How can I recover from this error without big impact? I don't want to restart all nodes and find out I can't start any VM anymore. Also I don't want to restart the ZFS01 storage server, this will be too risky and could cause a big downtime of the VM's won't start after the reboot.
The updated node:
root@proxmox-cluster-03:~# pveversion -v
proxmox-ve-2.6.32: 3.2-126 (running kernel: 2.6.32-29-pve)
pve-manager: 3.2-4 (running version: 3.2-4/e24a91c1)
pve-kernel-2.6.32-29-pve: 2.6.32-126
pve-kernel-2.6.32-26-pve: 2.6.32-114
lvm2: 2.02.98-pve4
clvm: 2.02.98-pve4
corosync-pve: 1.4.5-1
openais-pve: 1.1.4-3
libqb0: 0.11.1-2
redhat-cluster-pve: 3.2.0-2
resource-agents-pve: 3.9.2-4
fence-agents-pve: 4.0.5-1
pve-cluster: 3.0-12
qemu-server: 3.1-16
pve-firmware: 1.1-3
libpve-common-perl: 3.0-18
libpve-access-control: 3.0-11
libpve-storage-perl: 3.0-19
pve-libspice-server1: 0.12.4-3
vncterm: 1.1-6
vzctl: 4.0-1pve5
vzprocps: 2.0.11-2
vzquota: 3.1-2
pve-qemu-kvm: 1.7-8
ksm-control-daemon: 1.1-1
glusterfs-client: 3.4.2-1
Other nodes:
root@proxmox-cluster-01:~# pveversion -v
proxmox-ve-2.6.32: 3.1-114 (running kernel: 2.6.32-26-pve)

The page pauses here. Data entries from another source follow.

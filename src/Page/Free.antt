-- ===== src/Page/Free.antt =====
-- `page_free` of src/page.c: a page given back frees the pages up to the end of its block.
use ducreu_os.Base.{
  ℕ, zero, suc, ◌+◌, ◌-◌, ◌*◌, ◌/◌, ◌%◌, ◌^◌, ◌≡◌, ◌<◌, ◌≤◌, ◌==◌, ◌&&◌, if◌then◌else◌, arith,
}
use ducreu_os.Base.Memory.{Mem, within}
use ducreu_os.Page.{
  is_taken, is_last, clear_taken, clear_last, close_previous, free_loop, free_at, done, page_free,
  total_pages, page_address,
}
use ducreu_os.Page.Bitmap.{
  IsBytes, clear_taken-IsBytes, clear_last-IsBytes, is_taken-clear_taken, is_last-clear_taken,
  is_taken-clear_last, is_last-clear_last, close_previous-IsBytes, is_taken-close_previous,
  is_last-close_previous,
}
use ducreu_os.Page.WellFormed.{IsWellFormed, Block, Block-at}

-- the memory after a block of `k + 1` pages from page `l` on is freed
free_block : ℕ → Mem → ℕ → ℕ → Mem
free_block zero m s l = clear_last (clear_taken m s l) s l
free_block (suc k) m s l = free_block k (clear_taken m s l) s (l + 1)

free_block-IsBytes : (k : ℕ) (m : Mem) (s l : ℕ) → IsBytes m → IsBytes (free_block k m s l)
unfolding free_block
free_block-IsBytes zero m s l bytes =
    clear_last-IsBytes (clear_taken m s l) s l (clear_taken-IsBytes m s l bytes)
free_block-IsBytes (suc k) m s l bytes =
    free_block-IsBytes k (clear_taken m s l) s (l + 1) (clear_taken-IsBytes m s l bytes)

is_taken-free_block :
    (k : ℕ) (m : Mem) (s l q : ℕ)
    → IsBytes m
    → is_taken (free_block k m s l) s q ≡ (if within l (k + 1) q then 0 else is_taken m s q)
unfolding free_block
is_taken-free_block zero m s l q bytes = ground (
  arith,
  is_taken-clear_last (clear_taken m s l) s l q (clear_taken-IsBytes m s l bytes),
  is_taken-clear_taken m s l q bytes,
)
is_taken-free_block (suc k) m s l q bytes = ground (
  arith,
  is_taken-clear_taken m s l q bytes,
  is_taken-free_block k (clear_taken m s l) s (l + 1) q (clear_taken-IsBytes m s l bytes),
)

is_last-free_block :
    (k : ℕ) (m : Mem) (s l q : ℕ)
    → IsBytes m
    → is_last (free_block k m s l) s q ≡ (if q == l + k then 0 else is_last m s q)
unfolding free_block
is_last-free_block zero m s l q bytes = ground (
  arith,
  is_last-clear_last (clear_taken m s l) s l q (clear_taken-IsBytes m s l bytes),
  is_last-clear_taken m s l q bytes,
)
is_last-free_block (suc k) m s l q bytes = ground (
  arith,
  is_last-clear_taken m s l q bytes,
  is_last-free_block k (clear_taken m s l) s (l + 1) q (clear_taken-IsBytes m s l bytes),
)

-- A block is left of its first page as a block.
Block-tail :
    (m : Mem) (s l k : ℕ) → IsBytes m → Block m s l (suc k) → Block (clear_taken m s l) s (l + 1) k
Block-tail m s l k bytes b = record {
  taken = λ x h. ground (arith, b.taken (suc x), is_taken-clear_taken m s l (l + 1 + x) bytes);
  open_ = λ x h. ground (arith, b.open_ (suc x), is_last-clear_taken m s l (l + 1 + x) bytes);
  closed = ground (arith, b.closed, is_last-clear_taken m s l (l + 1 + k) bytes);
}

-- The loop frees the block and ends, within a round for each of its pages.
free_loop-Block :
    (k fuel : ℕ) (m : Mem) (s l : ℕ)
    → IsBytes m
    → Block m s l k
    → k < fuel
    → free_loop fuel m s l ≡ done (free_block k m s l)
unfolding free_loop free_block
free_loop-Block k zero m s l bytes b h = elim h [ ]
free_loop-Block zero (suc fuel) m s l bytes b h = ground (arith, b.taken 0, b.closed)
free_loop-Block (suc k) (suc fuel) m s l bytes b h = ground (
  arith,
  b.taken 0,
  b.open_ 0,
  free_loop-Block k fuel (clear_taken m s l) s (l + 1) (clear_taken-IsBytes m s l bytes)
      (Block-tail m s l k bytes b),
)

-- Marking the page before a block leaves the block as it is.
Block-close_previous :
    (m : Mem) (s l k : ℕ)
    → IsBytes m
    → 0 < l
    → Block m s l k
    → Block (close_previous m s (l - 1)) s l k
Block-close_previous m s l k bytes pos b = record {
  taken = λ x h. ground (arith, b.taken x, is_taken-close_previous m s (l - 1) (l + x) bytes);
  open_ = λ x h. ground (arith, b.open_ x, is_last-close_previous m s (l - 1) (l + x) bytes);
  closed = ground (arith, b.closed, is_last-close_previous m s (l - 1) (l + k) bytes);
}

-- What freeing from page `l` on does where the block ends at page `l + k`.
pub record FreedFrom (m : Mem) (s l k : ℕ) (m' : Mem) : Type 0 where
  pub bytes : IsBytes m'
  pub taken : (q : ℕ) → is_taken m' s q ≡ (if within l (k + 1) q then 0 else is_taken m s q)
  pub last :
      (q : ℕ)
      → is_last m' s q ≡ (
          if q == l + k
          then 0
          else if q == l - 1 && is_taken m s (l - 1) == 1
          then 1
          else is_last m s q)

-- Freeing keeps the bookkeeping well formed.
FreedFrom-IsWellFormed :
    (m : Mem) (s total l k : ℕ) (m' : Mem)
    → IsWellFormed m s total
    → 0 < l
    → l + k < total
    → Block m s l k
    → FreedFrom m s l k m'
    → IsWellFormed m' s total
FreedFrom-IsWellFormed m s total l k m' w pos fits b f = record {
  bytes = f.bytes;
  first_taken = ground (arith, f.taken 0, w.first_taken);
  last_taken =
      λ p lt e. ground (arith, f.taken p, f.last p, w.last_taken p, b.open_ (p - l), b.closed);
  next_in = λ p lt t e. ground (arith, f.taken p, f.last p, w.next_in p);
  next_taken =
      λ p lt t e. ground (arith, f.taken p, f.taken (p + 1), f.last p, w.next_taken p, w.next_in p);
}

module _ (start stop : ℕ) (m : Mem) (l : ℕ) where
  -- The page number that `page_free` computes from an address of `page_znalloc`.
  location_lem :
      page_address start stop l < 2 ^ 64
      → (page_address start stop l + 2 * 2 ^ 64 - total_pages start stop / 4 - start)
          % 2 ^ 64
          / 4096
        ≡ l
  location_lem h = omega arith

  pub freed : ℕ → Mem
  freed k = free_block k (close_previous m start (l - 1)) start l

  pub freed-FreedFrom : (k : ℕ) → IsBytes m → 0 < l → FreedFrom m start l k (freed k)
  unfolding freed
  freed-FreedFrom k bytes pos =
      let bytes' = close_previous-IsBytes m start (l - 1) bytes in
      record {
        bytes = free_block-IsBytes k (close_previous m start (l - 1)) start l bytes';
        taken = λ q. ground (
          arith,
          is_taken-free_block k (close_previous m start (l - 1)) start l q bytes',
          is_taken-close_previous m start (l - 1) q bytes,
        );
        last = λ q. ground (
          arith,
          is_last-free_block k (close_previous m start (l - 1)) start l q bytes',
          is_last-close_previous m start (l - 1) q bytes,
        );
      }

  free_at-Block :
      (k page : ℕ)
      → IsBytes m
      → 0 < l
      → l < 2 ^ 31
      → start ≤ page
      → page ≤ stop
      → Block m start l k
      → k ≤ total_pages start stop
      → free_at start stop m page l ≡ done (freed k)
  unfolding free_at freed
  free_at-Block k page bytes pos small low high b kt = ground (
    arith,
    free_loop-Block k (total_pages start stop + 1) (close_previous m start (l - 1)) start l
        (close_previous-IsBytes m start (l - 1) bytes)
        (Block-close_previous m start l k bytes pos b),
  )

  pub page_free-Block :
      (k : ℕ)
      → IsBytes m
      → 0 < l
      → l < 2 ^ 31
      → page_address start stop l ≤ stop
      → stop < 2 ^ 64
      → Block m start l k
      → k ≤ total_pages start stop
      → page_free start stop m (page_address start stop l) ≡ done (freed k)
  unfolding page_free
  page_free-Block k bytes pos small le st b kt =
      rw (location_lem (omega arith))
        (free_at-Block k (page_address start stop l) bytes pos small (omega arith) le b kt)

  -- On a well-formed heap of fewer than 2 ^ 31 pages that ends below 2 ^ 64, giving back a taken page
  -- other than page 0 at its address, which is not behind the heap's end, frees the pages from it up
  -- to the end of its block, and nothing else; a taken page in front of it, which may be of the same
  -- block, is `last` from then on; the heap stays well formed. The loop ends.
  pub page_free-FreedFrom :
      IsWellFormed m start (total_pages start stop)
      → 0 < l
      → l < total_pages start stop
      → total_pages start stop < 2 ^ 31
      → page_address start stop l ≤ stop
      → stop < 2 ^ 64
      → is_taken m start l ≡ 1
      → (k : ℕ) × (m' : Mem) × Block m start l k
        × (page_free start stop m (page_address start stop l) ≡ done m')
        × FreedFrom m start l k m'
        × IsWellFormed m' start (total_pages start stop)
  page_free-FreedFrom w pos lt small le st t =
      let (k, b, fits) = Block-at m start (total_pages start stop) l w lt t in
      (
        k,
        freed k,
        b,
        page_free-Block k w.bytes pos (omega arith) le st b (omega arith),
        freed-FreedFrom k w.bytes pos,
        FreedFrom-IsWellFormed m start (total_pages start stop) l k (freed k) w pos fits b
            (freed-FreedFrom k w.bytes pos),
      )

pve-manager: 3.1-21 (running version: 3.1-21/93bf03d4)
pve-kernel-2.6.32-26-pve: 2.6.32-114
lvm2: 2.02.98-pve4
clvm: 2.02.98-pve4
corosync-pve: 1.4.5-1
openais-pve: 1.1.4-3
libqb0: 0.11.1-2
redhat-cluster-pve: 3.2.0-2
resource-agents-pve: 3.9.2-4
fence-agents-pve: 4.0.5-1
pve-cluster: 3.0-12
qemu-server: 3.1-15
pve-firmware: 1.1-2
libpve-common-perl: 3.0-14
libpve-access-control: 3.0-11
libpve-storage-perl: 3.0-19
pve-libspice-server1: 0.12.4-3
vncterm: 1.1-6
vzctl: 4.0-1pve5
vzprocps: 2.0.11-2
vzquota: 3.1-2
pve-qemu-kvm: 1.7-6
ksm-control-daemon: 1.1-1
glusterfs-client: 3.4.2-1
Storage test:
root@proxmox-cluster-01:~# pveperf /mnt/pve/zfs01
CPU BOGOMIPS: 72529.68
REGEX/SECOND: 823399
HD SIZE: 11225.11 GB (10.1.1.91:/data/proxmox-cluster01)
FSYNCS/SECOND: 1101.79
DNS EXT: 67.63 ms
root@proxmox-cluster-01:~# cat /etc/pve/storage.cfg
dir: local
path /var/lib/vz
content vztmpl,rootdir
maxfiles 0
nfs: zfs01
path /mnt/pve/zfs01
server 10.1.1.91
export /data/proxmox-cluster01
options vers=3
content images,iso,vztmpl,rootdir,backup
maxfiles 1
root@proxmox-cluster-01:~# pvecm status
Version: 6.2.0
Config Version: 4
Cluster Name: cluster01
Cluster Id: 53601
Cluster Member: Yes
Cluster Generation: 26168
Membership state: Cluster-Member
Nodes: 4
Expected votes: 4
Total votes: 4
Node votes: 1
Quorum: 3
Active subsystems: 1
Flags:
Ports Bound: 0
Node name: proxmox-cluster-01
Node ID: 1
Multicast addresses: 239.192.209.51
Node addresses: 10.1.1.101
May 5 12:38:57 proxmox-cluster-01 pvestatd[225507]: WARNING: storage 'zfs01' is not online
May 5 12:39:08 proxmox-cluster-01 pvestatd[225507]: WARNING: storage 'zfs01' is not online
May 5 12:39:17 proxmox-cluster-01 pvestatd[225507]: WARNING: storage 'zfs01' is not online
May 5 12:39:27 proxmox-cluster-01 pvestatd[225507]: WARNING: storage 'zfs01' is not online
May 5 12:39:37 proxmox-cluster-01 pvestatd[225507]: WARNING: storage 'zfs01' is not online
May 5 12:39:47 proxmox-cluster-01 pvestatd[225507]: WARNING: storage 'zfs01' is not online
The storage/ZFS server has not been changed, it all looks ok in the syslogs and the VM's are still running on it.